**EXERCISE AIM**
Below are the entries to work from; restate word for word the portion that opens with the line containing "unfoldable pub positive : ℕ → Option ℕ" and closes with the line containing "pending = c.pending;", keeping both.

──────── SOURCE MATERIAL ────────

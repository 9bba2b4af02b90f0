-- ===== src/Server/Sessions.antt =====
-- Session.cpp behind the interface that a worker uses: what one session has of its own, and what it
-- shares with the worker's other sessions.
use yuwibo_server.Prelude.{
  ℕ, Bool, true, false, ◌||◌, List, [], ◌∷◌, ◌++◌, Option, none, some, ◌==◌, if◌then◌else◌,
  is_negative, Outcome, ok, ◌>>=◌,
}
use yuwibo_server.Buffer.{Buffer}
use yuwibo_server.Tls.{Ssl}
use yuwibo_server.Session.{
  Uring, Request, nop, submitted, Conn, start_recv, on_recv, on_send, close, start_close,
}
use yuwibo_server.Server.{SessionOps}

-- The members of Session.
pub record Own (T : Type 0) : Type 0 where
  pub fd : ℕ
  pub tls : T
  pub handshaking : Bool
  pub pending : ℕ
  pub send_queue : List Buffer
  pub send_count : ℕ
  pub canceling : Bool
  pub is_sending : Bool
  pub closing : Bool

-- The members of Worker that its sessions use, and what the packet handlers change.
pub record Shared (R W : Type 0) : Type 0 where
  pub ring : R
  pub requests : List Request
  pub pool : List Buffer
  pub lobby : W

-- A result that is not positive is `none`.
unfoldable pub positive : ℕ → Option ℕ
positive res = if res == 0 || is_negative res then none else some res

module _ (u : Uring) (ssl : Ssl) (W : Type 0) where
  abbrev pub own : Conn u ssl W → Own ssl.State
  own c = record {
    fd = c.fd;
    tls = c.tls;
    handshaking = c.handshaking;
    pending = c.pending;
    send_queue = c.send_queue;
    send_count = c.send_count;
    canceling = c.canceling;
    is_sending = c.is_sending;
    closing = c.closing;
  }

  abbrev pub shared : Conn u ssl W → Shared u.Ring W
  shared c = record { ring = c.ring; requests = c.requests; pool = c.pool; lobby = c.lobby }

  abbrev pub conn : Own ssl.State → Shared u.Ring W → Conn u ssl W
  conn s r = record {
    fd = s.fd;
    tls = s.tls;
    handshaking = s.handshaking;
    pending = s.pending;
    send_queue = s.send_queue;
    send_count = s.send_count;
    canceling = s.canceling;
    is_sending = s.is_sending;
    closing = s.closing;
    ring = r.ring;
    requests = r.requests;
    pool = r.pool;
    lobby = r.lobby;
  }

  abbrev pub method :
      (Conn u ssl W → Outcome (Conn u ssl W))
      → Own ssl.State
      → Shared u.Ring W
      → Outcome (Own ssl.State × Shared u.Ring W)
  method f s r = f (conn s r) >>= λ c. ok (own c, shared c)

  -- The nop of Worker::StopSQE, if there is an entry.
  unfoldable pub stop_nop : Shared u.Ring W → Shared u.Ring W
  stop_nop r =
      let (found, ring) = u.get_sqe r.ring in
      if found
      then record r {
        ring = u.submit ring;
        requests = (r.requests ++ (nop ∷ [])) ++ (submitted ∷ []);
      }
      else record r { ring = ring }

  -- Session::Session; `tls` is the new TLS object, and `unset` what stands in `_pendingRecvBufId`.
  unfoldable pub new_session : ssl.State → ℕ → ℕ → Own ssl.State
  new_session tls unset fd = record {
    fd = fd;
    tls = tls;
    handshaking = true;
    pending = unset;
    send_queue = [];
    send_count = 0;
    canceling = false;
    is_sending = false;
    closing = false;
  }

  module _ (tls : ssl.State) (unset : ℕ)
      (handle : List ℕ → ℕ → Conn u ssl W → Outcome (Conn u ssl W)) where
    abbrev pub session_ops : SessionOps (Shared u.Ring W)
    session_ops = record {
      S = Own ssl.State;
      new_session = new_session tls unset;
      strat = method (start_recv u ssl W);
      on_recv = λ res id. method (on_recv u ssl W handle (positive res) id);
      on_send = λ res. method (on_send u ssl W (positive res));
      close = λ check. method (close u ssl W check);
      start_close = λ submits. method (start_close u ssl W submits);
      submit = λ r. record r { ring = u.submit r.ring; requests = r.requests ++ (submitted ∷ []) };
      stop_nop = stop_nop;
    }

────────
──────── SOURCE MATERIAL ────────

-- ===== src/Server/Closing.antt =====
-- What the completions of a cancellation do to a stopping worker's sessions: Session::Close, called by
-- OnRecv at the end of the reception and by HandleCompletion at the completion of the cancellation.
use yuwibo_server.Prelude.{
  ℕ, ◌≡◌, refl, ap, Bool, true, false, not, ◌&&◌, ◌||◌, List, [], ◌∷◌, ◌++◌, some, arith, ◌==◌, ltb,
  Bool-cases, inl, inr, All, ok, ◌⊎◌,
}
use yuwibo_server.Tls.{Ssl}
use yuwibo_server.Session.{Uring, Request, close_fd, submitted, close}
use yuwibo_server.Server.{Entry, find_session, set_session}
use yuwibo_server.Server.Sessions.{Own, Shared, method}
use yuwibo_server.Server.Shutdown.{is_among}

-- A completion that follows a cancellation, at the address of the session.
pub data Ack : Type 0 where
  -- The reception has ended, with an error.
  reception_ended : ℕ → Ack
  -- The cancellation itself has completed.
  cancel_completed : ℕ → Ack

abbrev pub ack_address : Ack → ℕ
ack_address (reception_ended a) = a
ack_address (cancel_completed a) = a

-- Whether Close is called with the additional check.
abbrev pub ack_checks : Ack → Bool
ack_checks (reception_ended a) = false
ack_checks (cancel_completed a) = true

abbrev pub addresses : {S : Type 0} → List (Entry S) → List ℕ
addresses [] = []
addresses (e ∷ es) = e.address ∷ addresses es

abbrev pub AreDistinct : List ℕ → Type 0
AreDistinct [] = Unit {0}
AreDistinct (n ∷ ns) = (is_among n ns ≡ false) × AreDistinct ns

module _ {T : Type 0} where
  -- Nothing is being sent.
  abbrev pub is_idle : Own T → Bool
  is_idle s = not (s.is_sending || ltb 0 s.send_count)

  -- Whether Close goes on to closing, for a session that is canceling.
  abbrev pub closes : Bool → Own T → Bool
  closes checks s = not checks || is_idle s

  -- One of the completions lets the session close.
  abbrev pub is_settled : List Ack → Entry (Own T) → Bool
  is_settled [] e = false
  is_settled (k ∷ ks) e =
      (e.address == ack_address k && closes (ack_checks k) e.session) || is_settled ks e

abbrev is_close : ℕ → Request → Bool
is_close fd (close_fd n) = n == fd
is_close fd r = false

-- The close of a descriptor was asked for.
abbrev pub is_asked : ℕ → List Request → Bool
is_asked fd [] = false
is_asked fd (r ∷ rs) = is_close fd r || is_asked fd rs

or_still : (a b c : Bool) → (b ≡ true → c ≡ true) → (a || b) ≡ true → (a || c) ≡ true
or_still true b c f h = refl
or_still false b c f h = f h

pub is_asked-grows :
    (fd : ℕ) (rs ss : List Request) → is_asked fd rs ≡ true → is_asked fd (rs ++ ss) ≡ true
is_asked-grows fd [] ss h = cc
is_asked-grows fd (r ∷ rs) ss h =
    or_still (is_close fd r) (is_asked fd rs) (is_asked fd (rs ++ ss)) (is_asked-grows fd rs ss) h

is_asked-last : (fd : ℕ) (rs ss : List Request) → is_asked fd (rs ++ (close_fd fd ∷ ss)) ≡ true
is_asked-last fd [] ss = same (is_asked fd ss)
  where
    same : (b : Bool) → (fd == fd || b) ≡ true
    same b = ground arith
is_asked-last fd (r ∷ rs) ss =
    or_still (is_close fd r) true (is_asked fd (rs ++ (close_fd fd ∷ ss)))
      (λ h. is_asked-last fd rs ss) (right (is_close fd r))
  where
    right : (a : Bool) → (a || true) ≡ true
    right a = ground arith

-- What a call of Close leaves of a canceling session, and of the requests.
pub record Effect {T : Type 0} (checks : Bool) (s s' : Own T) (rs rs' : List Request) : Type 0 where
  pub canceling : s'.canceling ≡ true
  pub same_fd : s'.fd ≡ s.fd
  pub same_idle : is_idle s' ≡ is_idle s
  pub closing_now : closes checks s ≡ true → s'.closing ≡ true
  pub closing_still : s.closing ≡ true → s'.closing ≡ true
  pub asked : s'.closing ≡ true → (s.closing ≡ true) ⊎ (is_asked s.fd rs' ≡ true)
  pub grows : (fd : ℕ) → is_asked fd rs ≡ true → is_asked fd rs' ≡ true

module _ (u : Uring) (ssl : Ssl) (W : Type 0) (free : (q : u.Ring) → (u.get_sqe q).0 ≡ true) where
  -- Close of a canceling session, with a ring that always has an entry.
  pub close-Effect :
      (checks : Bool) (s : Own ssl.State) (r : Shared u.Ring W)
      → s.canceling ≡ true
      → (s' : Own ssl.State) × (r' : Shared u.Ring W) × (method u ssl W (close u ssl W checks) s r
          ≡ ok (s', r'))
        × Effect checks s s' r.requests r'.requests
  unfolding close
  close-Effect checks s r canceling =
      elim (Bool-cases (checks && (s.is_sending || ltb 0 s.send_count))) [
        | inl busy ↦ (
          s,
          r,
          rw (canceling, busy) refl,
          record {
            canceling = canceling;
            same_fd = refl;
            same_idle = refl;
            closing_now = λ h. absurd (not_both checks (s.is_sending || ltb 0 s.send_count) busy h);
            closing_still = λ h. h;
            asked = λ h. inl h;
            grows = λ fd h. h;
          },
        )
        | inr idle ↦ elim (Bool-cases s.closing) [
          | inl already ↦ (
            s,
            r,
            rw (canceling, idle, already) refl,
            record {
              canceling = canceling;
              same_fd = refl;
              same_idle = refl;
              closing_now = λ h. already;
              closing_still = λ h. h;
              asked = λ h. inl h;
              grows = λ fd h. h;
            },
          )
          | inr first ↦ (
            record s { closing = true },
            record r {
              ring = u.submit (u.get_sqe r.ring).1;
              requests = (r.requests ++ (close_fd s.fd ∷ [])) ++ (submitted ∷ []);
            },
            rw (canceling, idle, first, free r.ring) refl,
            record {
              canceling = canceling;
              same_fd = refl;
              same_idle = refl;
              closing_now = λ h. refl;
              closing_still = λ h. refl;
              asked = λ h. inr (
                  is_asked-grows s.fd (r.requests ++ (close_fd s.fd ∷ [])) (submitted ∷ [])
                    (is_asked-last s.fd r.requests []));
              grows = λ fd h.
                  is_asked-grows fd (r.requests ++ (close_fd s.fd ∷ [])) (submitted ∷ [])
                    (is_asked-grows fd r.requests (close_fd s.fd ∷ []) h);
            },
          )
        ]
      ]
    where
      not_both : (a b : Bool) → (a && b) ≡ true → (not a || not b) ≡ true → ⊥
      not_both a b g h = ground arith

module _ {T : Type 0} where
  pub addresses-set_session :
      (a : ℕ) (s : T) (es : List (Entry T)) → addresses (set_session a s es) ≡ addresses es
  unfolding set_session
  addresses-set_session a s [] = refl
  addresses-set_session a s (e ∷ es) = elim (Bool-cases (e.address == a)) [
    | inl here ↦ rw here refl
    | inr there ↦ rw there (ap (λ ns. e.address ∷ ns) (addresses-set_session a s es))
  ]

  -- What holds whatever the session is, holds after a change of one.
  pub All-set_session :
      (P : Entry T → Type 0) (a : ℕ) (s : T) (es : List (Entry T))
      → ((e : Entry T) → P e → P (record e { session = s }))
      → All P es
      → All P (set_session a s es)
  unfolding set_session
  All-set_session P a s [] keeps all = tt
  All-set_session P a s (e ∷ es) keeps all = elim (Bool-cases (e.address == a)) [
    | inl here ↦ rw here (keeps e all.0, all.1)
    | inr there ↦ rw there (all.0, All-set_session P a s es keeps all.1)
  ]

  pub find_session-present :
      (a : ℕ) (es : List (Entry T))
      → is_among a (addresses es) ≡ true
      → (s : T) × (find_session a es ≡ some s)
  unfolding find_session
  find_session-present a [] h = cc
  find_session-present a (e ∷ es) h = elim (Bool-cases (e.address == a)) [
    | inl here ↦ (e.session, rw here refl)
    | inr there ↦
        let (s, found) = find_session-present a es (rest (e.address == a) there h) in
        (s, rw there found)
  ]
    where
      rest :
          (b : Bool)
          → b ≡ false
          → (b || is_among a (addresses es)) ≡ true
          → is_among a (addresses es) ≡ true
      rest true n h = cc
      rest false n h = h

────────

**FINISHED TASK**
unfoldable pub positive : ℕ → Option ℕ
positive res = if res == 0 || is_negative res then none else some res

module _ (u : Uring) (ssl : Ssl) (W : Type 0) where
  abbrev pub own : Conn u ssl W → Own ssl.State
  own c = record {
    fd = c.fd;
    tls = c.tls;
    handshaking = c.handshaking;
    pending = c.pending;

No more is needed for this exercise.